# spout width



## gingerneil (Aug 21, 2014)

Can someone with a Classic do me a favour... I'm at work at the moment but want to order a shot glass with measure lines. How far apart are the spouts on the standard portafilter ? Just need to make sure the glass is wide enough to take a double into one glass rather than splitting into 2.


----------



## Mrboots2u (May 10, 2013)

Try getting some scales and measuring via weight not volume. You can then get nice espresso cups to use instead ...


----------



## gingerneil (Aug 21, 2014)

I've got some scales and have done some weighing of the output. But with a larger cup its hard to accurately estimate the output volume/weight as there are no measuring lines. As I learn, I'll get better at this, but for now I was looking at something that was easily measurable by eye. I can then weigh the output too and get a better of idea of where to stop the pull.

Another option is to replace the double spout with a single.
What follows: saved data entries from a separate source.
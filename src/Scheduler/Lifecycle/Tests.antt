-- ===== src/Scheduler/Lifecycle/Tests.antt =====
-- Runs of a scanner's life.
use smart_scanner.Common.{◌≡◌, ◌<◌, refl, true, false, arith, err}
use smart_scanner.Scheduler.Lifecycle.{
  ScannerLife, Steps, here, next, worker_ends, loop_ends, start, stop, new_scanner, group,
  close_of_closed_channel, stop-waits,
}

-- A scanner with one worker whose other goroutines have ended after Stop.
abbrev ended : ScannerLife
ended = record {
  running = false;
  cancelled = true;
  queue_closed = true;
  workers = 0;
  processors = 1;
  loops = 0;
  waiting = 1;
}

run_down : Steps 1 (stop 1 (start 1 new_scanner).1).1 ended
unfolding start stop
run_down =
    next
      (next (next (next here (worker_ends 0 refl refl)) (loop_ends 2 refl refl))
        (loop_ends 1 refl refl))
      (loop_ends 0 refl refl)

stop-waits_example : (0 < ended.waiting) × (0 < group ended)
unfolding start
stop-waits_example =
    stop-waits 1 new_scanner (start 1 new_scanner).1 ended (omega arith) refl here refl refl
      run_down

-- A scanner that was stopped starts again, and the next Stop panics.
restarted : (stop 1 (start 1 (stop 1 (start 1 new_scanner).1).1).1).0 ≡ err close_of_closed_channel
unfolding start stop
restarted = refl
There seems to be loads on ebay for


----------



## Charliej (Feb 25, 2012)

The idea behind weighing is that you put the espresso cup on the scales with both underneath the portafilter that way you know when to stop the shot by weight, the idea isn't to pull the shot then weight once finished but weigh it as the shot runs.


----------



## gingerneil (Aug 21, 2014)

Ah, I see. Probably have to take the drop tray out to fit it all in there...


----------



## Charliej (Feb 25, 2012)

gingerneil said:


> Ah, I see. Probably have to take the drop tray out to fit it all in there...


Depends on the size of the cup I guess, this is also why a naked portafilter can be more essential with a Classic than with most machines.


----------



## jeebsy (May 5, 2013)

gingerneil said:


> But with a larger cup its hard to accurately estimate the output volume/weight as there are no measuring lines.


YOu don't want to estimate the output volume. You want to know the weight.


----------



## Beanosaurus (Jun 4, 2014)

Ginge, get a pattress box (the bit that goes behind an double wall socket drop that in the drip tray.

That'll give you some height.


----------



## shrink (Nov 12, 2012)

Even I eventually gave up on using volume as any kind of indicator. Output weight is far more effective and also tells you more about what's going on I'm the cup than volume does.


----------